In basso: tipologie di capitelli rinvenuti negli edifici B1500, B2100, B2200, B2300 e B2400 del Jebel Barkal

(disegni ricostruttivi di Francesca Iannarilli).

Italian Archaeological Mission in Sudan - Jebel Barkal (Meroitic Sector)

The archaeological area of Jebel Barkal (18°32′12″N 31°49′42″), in Northern Sudan, is a UNESCO World Heritage site since 2003. The site is named after the mountain (Arabic: jebel, جبل ) dominating its landscape: an approximately 100 meters high sandstone plateau rising on a flat wasteland marked by some shrubs.

Not far away, the Nile river flows – backwards in this area, from north to south – making the banks flourish and allowing the cultivations of date-palms.

The modern town of Karima lies north-east of the Jebel and is located 400 km north of Khartoum and 600 km south of the Egyptian border.

Here the Italian Archaeological Mission has been operating for its 45 years of field work.

Brief story of the site

In the mid-15th century BCE, king Thutmosis III reached the Fourth Nile Cataract and placed a stela at Jebel Barkal to mark the southernmost frontier of Egypt.

Under the shadow of the ‘Pure Mountain’ and of its cobra-shaped pinnacle, the cerimonial cenrte of Napata thrived.

During the 3rd century BCE, with the relocation of the royal necropolis at Meroe in the south, the Meroitic Period began.

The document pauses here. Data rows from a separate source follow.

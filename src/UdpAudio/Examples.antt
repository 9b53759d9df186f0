-- ===== src/UdpAudio/Examples.antt =====
-- A run of UDPaudio, and its theorem at a concrete input.
use eng_project.Base.{◌≡◌, refl, true, false, Option, some, ℤ, [], ◌∷◌, map, pos, replicate}
use eng_project.Base.Loop.{run}
use eng_project.UdpAudio.Stream.{
  SendRound, ReceiveRound, packet_data, to_string, send_round, audio_sender, audio_receiver,
}
use eng_project.UdpAudio.Main.{
  Text, sockets, cerr, free_record, returned, World, stream, connect, with_arguments,
}
use eng_project.UdpAudio.Stream.Header.{sends, writes, heard, time-heard}

to_string_test : to_string 1700 ≡ b'1' ∷ b'7' ∷ b'0' ∷ b'0' ∷ []
unfolding to_string
to_string_test = refl

abbrev block : SendRound
block = record { read = pos 0; buffer = replicate 4096 7; timestamp = 1700; throws = false }

abbrev arrival : ReceiveRound
arrival = record { datagram = packet_data 1700 (replicate 4096 7); throws = false; written = pos 0 }

sent_block : (packet_data 1700 (replicate 4096 7)) ∷ [] ≡ sends (audio_sender (block ∷ []))
unfolding audio_sender send_round sends run
sent_block = refl

time-heard_example : writes (audio_receiver (arrival ∷ [])) ≡ map heard (block ∷ [])
time-heard_example =
    time-heard (block ∷ []) (arrival ∷ []) ((refl, refl), tt) ((refl, refl), tt) sent_block

-- A port that does not fit 16 bits is cut off, and without PulseAudio nothing is streamed.
abbrev port_only : Text → Option ℤ
port_only text = some (pos 70000)

abbrev silent : World
silent = record {
  sockets_open = true;
  record_opens = true;
  play_opens = false;
  send_rounds = [];
  receive_rounds = [];
}

cut_off :
    with_arguments port_only ((1 ∷ []) ∷ (2 ∷ []) ∷ (3 ∷ []) ∷ (4 ∷ []) ∷ []) silent
    ≡ returned 1 (
        sockets 4464 (3 ∷ []) 4464
        ∷ cerr "PulseAudio playback connection error: "
        ∷ free_record
        ∷ [])
unfolding with_arguments connect stream
cut_off = refl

After the Roman conquest of Egypt (30 BCE) Meroe established diplomatic relations and reciprocal political influences with Rome. The following era brought stability and wealth to Nubia. It is in the 1st century CE that the foundation of the royal district of Natakamani at Jebel Barkal can be dated.

Story of the Mission

The activity of the Italian Archaeological Mission in Sudan began in 1973 with Sergio Donadoni, Professor of Egyptology at ‘La Sapienza’ University in Rome.

Donadoni arrived in Sudan after taking part in the UNESCO project for the salvage of Nubian antiquities threatened with the flooding of Lake Nasser.

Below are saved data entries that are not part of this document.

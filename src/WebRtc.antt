-- ===== src/WebRtc.antt =====
-- WebRTC/Peers: a client that signals over a WebSocket. CMakeLists.txt builds the copy of the client
-- in the folder signaling; the folder signal has the same two files.
pub mod Signaling
pub mod Peer
mod Examples
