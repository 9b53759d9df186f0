-- ===== src/WebRtc/Signaling.antt =====
-- WebRTC/Peers/signaling/SignalingClient.cpp. What Boost's WebSocket does is an input: the results of
-- `async_read`, in order, each handled by the lambda in `read`. The constructor may throw where the
-- host is not found or the handshake fails; this is left to the caller.
pub mod Delivery
pub mod Threads
use Prim.Native.String.{String}
use eng_project.Base.{ℕ, Bool, true, false, List, [], ◌∷◌, ◌++◌, if◌then◌else◌}

pub data Event : Type 0 where
  start_thread : Event  -- the thread that runs the `io_context`
  write : List ℕ → Event
  callback : List ℕ → Event
  cerr : String → Event

-- Whether `on_message_` holds a function, and the bytes in `buffer_`.
pub record SignalingClient : Type 0 where
  pub on_message : Bool
  pub buffer : List ℕ

-- A completed `async_read`: an error, or the bytes of one message, which are put behind those in the
-- buffer.
pub data Completion : Type 0 where
  failed : Completion
  received : List ℕ → Completion

pub record Outcome : Type 0 where
  pub client : SignalingClient
  pub again : Bool
  pub events : List Event

-- The lambda in `read`; `again` tells whether it calls `read` once more.
unfoldable pub handle : SignalingClient → Completion → Outcome
handle c failed = record {
  client = c;
  again = false;
  events = cerr "Error reading from signaling server: " ∷ [];
}
handle c (received bytes) =
    let message = c.buffer ++ bytes in
    record {
      client = record c { buffer = [] };
      again = true;
      events = if c.on_message then callback message ∷ [] else [];
    }

-- `read` and all that follows from it.
unfoldable pub read : SignalingClient → List Completion → List Event
unfolding handle
read c [] = []
read c (result ∷ results) =
    let now = handle c result in
    let more = read now.client results in now.events ++ (if now.again then more else [])

unfoldable pub connect : SignalingClient → List Completion → List Event
unfolding read
connect c results = start_thread ∷ read c results

unfoldable pub send : List ℕ → List Event
send message = write message ∷ []

unfoldable pub set_on_message : SignalingClient → SignalingClient
set_on_message c = record c { on_message = true }

-- The client that the constructor makes.
unfoldable pub signaling_client : SignalingClient
signaling_client = record { on_message = false; buffer = [] }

The first excavations brought to light the remains of two temples, but it was only in 1978 that the Italian archaeologists discovered the Royal Palace of Natakamani, destined to become pivotal in the research activities of the following forty years.

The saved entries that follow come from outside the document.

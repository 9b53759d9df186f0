-- ===== src/WebRtc/Signaling/Delivery.antt =====
-- Which messages of the server are handed to the callback.
use eng_project.Base.{ℕ, ◌≡◌, refl, ap, Bool, true, false, List, [], ◌∷◌, ◌++◌, map, if◌then◌else◌}
use eng_project.WebRtc.Signaling.{
  callback, cerr, SignalingClient, Completion, failed, received, read,
}

-- A client with an empty buffer.
abbrev pub fresh : Bool → SignalingClient
fresh on_message = record { on_message = on_message; buffer = [] }

-- Each message is handed over once and alone, until the first error: if `read` is called with an empty
-- buffer, and messages come, and then an error, then a callback that is set gets each of the
-- messages unchanged and in order, the error is reported, and nothing that would come afterwards is
-- read. Without a callback, as in the program that is built, every message is dropped.
pub read-delivers :
    (on_message : Bool) (messages : List (List ℕ)) (later : List Completion)
    → read (fresh on_message) (map received messages ++ failed ∷ later)
      ≡ (if on_message then map callback messages else [])
        ++ cerr "Error reading from signaling server: " ∷ []
unfolding read
read-delivers true [] later = refl
read-delivers false [] later = refl
read-delivers true (m ∷ messages) later = ap (◌∷◌ (callback m)) (read-delivers true messages later)
read-delivers false (m ∷ messages) later = read-delivers false messages later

The monumentality of this building was confirmed by the subsequent discovery of some lion statues, that were to decorate and protect at least three of its four entrances.

In 1989 Professor Donadoni retired and left the direction of the Mission to his successor in the Chair of Egyptology, Alessandro Roccati, who held it for 21 year.

In 2011 the direction was handed to Emanuele Ciampini, Professor of Egyptology at ‘Ca’ Foscari’ University of Venice.

The new team of specialists and young researchers pursues an idea of renewal for the site, aimed at archaeological investigation, conservation and a more facilitated fruition by visitors.

The Mission is funded by Ca’Foscari Fund for archaeological excavations, by the Ministry of Foreign Affairs and International Cooperation, and from 2014 to 2019, it has been part of the Qatar-Sudan Archaeological Project (QSAP) international programme.